# hyperness



## radicalsam (Feb 18, 2009)

is there a good training method to getting a dog to stop running off really fast on a leash when taken on walks? i heard that the owner should just stop walking until the stop trying to run off


----------



## Postal (Jan 23, 2009)

With Brian, I would walk with him beside me, treat in my left hand (or right, your preference) and hold it tight down beside you. Hold it in front of his nose and tell him "let's go" (not heel, that's a much more specific command) and just walk. If he stays with you for so many paces, then stop and treat him. Pull out another treat and try again, this time with more paces. Eventually he should learn to stay beside you. I like this command when I'm on a busy street or there's a lot of people around..

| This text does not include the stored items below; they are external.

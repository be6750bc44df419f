-- ===== src/Pipeline/Nesting.antt =====
-- The durations in the output of a whole run.
use tracey_mctraceface.Base.{
  ℕ, zero, suc, ◌≡◌, refl, sym, ap, ◌∙◌, List, [], ◌∷◌, ◌++◌, Option, none, some, Bytes,
  if◌then◌else◌, length, Bool, true, false, Bool-cases, inl, inr, arith, ◌==◌,
}
use tracey_mctraceface.Filter.{Config}
use tracey_mctraceface.Thread.{PendingKind, call_event, ret_event, ret_from_untraced}
use tracey_mctraceface.Thread.Replay.{replay, replay_kind, bind_replay, events}
use tracey_mctraceface.Tracker.{ThreadKey, ThreadWrite, same_key, run, empty_tracker}
use tracey_mctraceface.Tracker.Store.{writes_of}
use tracey_mctraceface.Tracker.Balance.{run-balanced}
use tracey_mctraceface.Writer.Soundness.{Mark, marks}
use tracey_mctraceface.Reconstructor.Output.{kind_marks, all_marks}
use tracey_mctraceface.Pipeline.{decode_perf_data}
use tracey_mctraceface.Pipeline.Whole.{session, decode_perf_data-shows}

-- The number of open durations after a begin event (2) or an end event (3): `none` is an end event
-- without an open duration.
abbrev step : ℕ → ℕ → Option ℕ
step event_type n =
    if event_type == 2 then some (suc n) else if event_type == 3 then pop n else some n
  where
    pop : ℕ → Option ℕ
    pop zero = none
    pop (suc n) = some n

abbrev is_of : ThreadKey → Option ThreadKey → Bool
is_of k none = false
is_of k (some j) = same_key j k

abbrev bind_depth : Option ℕ → (ℕ → Option ℕ) → Option ℕ
bind_depth none f = none
bind_depth (some n) f = f n

-- The number of durations of a thread that are open after the events.
abbrev pub depth : ThreadKey → ℕ → List Mark → Option ℕ
depth k n [] = some n
depth k n (m ∷ ms) =
    bind_depth (if is_of k m.thread then step m.event_type n else some n) (λ n'. depth k n' ms)

depth-other :
    (kind : PendingKind) (k j : ThreadKey) (time n : ℕ) (ms : List Mark)
    → same_key j k ≡ false
    → depth k n (kind_marks kind j time ++ ms) ≡ depth k n ms
depth-other (call_event l u) k j time n ms h = rw h refl
depth-other ret_event k j time n ms h = rw h refl
depth-other (ret_from_untraced t) k j time n ms h = rw h refl

depth-own :
    (kind : PendingKind) (name : Bytes) (k j : ThreadKey) (time : ℕ) (s s' : List Bytes)
    (ms : List Mark)
    → same_key j k ≡ true
    → replay_kind kind name s ≡ some s'
    → depth k (length s) (kind_marks kind j time ++ ms) ≡ depth k (length s') ms
depth-own (call_event l u) name k j time s s' ms h r =
    let e : name ∷ s ≡ s' = ground (arith, r) in rw h (ap (λ x. depth k (length x) ms) e)
depth-own ret_event name k j time [] s' ms h r = absurd (ground (arith, r))
depth-own ret_event name k j time (top ∷ s) s' ms h r =
    let e : s ≡ s' = ground (arith, r) in rw h (ap (λ x. depth k (length x) ms) e)
depth-own (ret_from_untraced t) name k j time s s' ms h r =
    let e : s ≡ s' = ground (arith, r) in rw h (ap (λ x. depth k (length x) ms) e)

abbrev map_length : Option (List Bytes) → Option ℕ
map_length none = none
map_length (some x) = some (length x)

bind-some :
    (o : Option (List Bytes)) (f : List Bytes → Option (List Bytes)) (b : List Bytes)
    → bind_replay o f ≡ some b
    → (a : List Bytes) × (o ≡ some a) × (f a ≡ some b)
bind-some none f b h = absurd (ground (arith, h))
bind-some (some a) f b h = (a, refl, h)

writes_of-own :
    (k : ThreadKey) (w : ThreadWrite) (ws : List ThreadWrite)
    → same_key w.key k ≡ true
    → writes_of k (w ∷ ws) ≡ w.write ∷ writes_of k ws
unfolding writes_of
writes_of-own k w ws same = rw same refl

writes_of-other :
    (k : ThreadKey) (w : ThreadWrite) (ws : List ThreadWrite)
    → same_key w.key k ≡ false
    → writes_of k (w ∷ ws) ≡ writes_of k ws
unfolding writes_of
writes_of-other k w ws other = rw other refl

-- Names aside, the replay of the writes of a thread is the count of its open durations.
replay-depth :
    (k : ThreadKey) (s s' : List Bytes) (ws : List ThreadWrite)
    → replay s (events (writes_of k ws)) ≡ some s'
    → depth k (length s) (all_marks ws) ≡ some (length s')
unfolding writes_of replay
replay-depth k s s' [] r = ap map_length r
replay-depth k s s' (w ∷ ws) r = elim (Bool-cases (same_key w.key k)) [
  | inl same ↦
      let (a, first, rest) =
        bind-some (replay_kind w.write.event.kind w.write.event.symbol s)
          (λ x. replay x (events (writes_of k ws))) s'
          (sym (ap (λ l. replay s (events l)) (writes_of-own k w ws same)) ∙ r) in
      depth-own w.write.event.kind w.write.event.symbol k w.key w.write.time s a (all_marks ws) same
        first
      ∙ replay-depth k a s' ws rest
  | inr other ↦
      depth-other w.write.event.kind k w.key w.write.time (length s) (all_marks ws) other
      ∙ replay-depth k s s' ws
          (sym (ap (λ l. replay s (events l)) (writes_of-other k w ws other)) ∙ r)
]

-- Whatever `perf script` prints and whatever the configuration is, in the output of a run the begin and
-- end events of each thread balance: no end event comes without an open duration of its thread, and
-- none is open at the end.
pub decode_perf_data-nests :
    (config : Config) (base_time_ns : ℕ) (lines : List Bytes) (k : ThreadKey)
    → depth k 0 (marks (decode_perf_data config base_time_ns lines).reconstructor.writer) ≡ some 0
decode_perf_data-nests config base_time_ns lines k =
    ap (depth k 0) (decode_perf_data-shows config base_time_ns lines).1
    ∙ replay-depth k [] [] (run (session config lines) empty_tracker).1
        (run-balanced (session config lines) k)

On regular, end of the day relaxing walks, if you don't mind him running around close to you smelling all the new smells (most people don't, especially me. dogs should be dogs) then let him roam. When he gets to the end of his leash, immediately stop and change directions. When he looks up and sees your back to him so many times, he will eventually learn to not pull on the leash or he will end up going the opposite way.

Alot of people let them pull and when you do so, he is rewarded by going where he wants. In that case, he will never learn to not hit the end of his leash and he will be walking you. Just remember, let him run around, but as SOON as he hits the end of that leash, change directions immediately and don't slow down your pace. Everytime he hits the end, boom, 180 it and keep walking. Worked for me after only a day. Good luck!


----------



## rannmiller (Jun 27, 2008)

I've heard it recommended not to let your new dog off leash for at least 2 weeks after getting the dog. This way the dog gets used to being by you and associating you with the person to come back to and not run away from as much. 

However, as a pointer on a sugar high (Beneful has lots of sugar in it), you're bound to get the super fast running away the second the opportunity is provided. Pointers are active dogs that need lots of exercise to keep happy and if you don't provide it on leash you have to give them the chance to get it out off leash. 

A tired dog is a happy, well behaved dog after all. Work on the dog with the "come" command, always drop down to a crouch and call Isabella's name in a super happy voice until she gets to you. The second she gets to you say "come" so she'll associate "come" with coming to you. Reward with a treat and several seconds of happiness and petting. Practice this in your house first, then your yard or fenced enclosure of some kind. Then get one of those super long training leads and take your dog to a park and practice there with lots of distractions. Don't let her off leash until you know she's going to come back to you. 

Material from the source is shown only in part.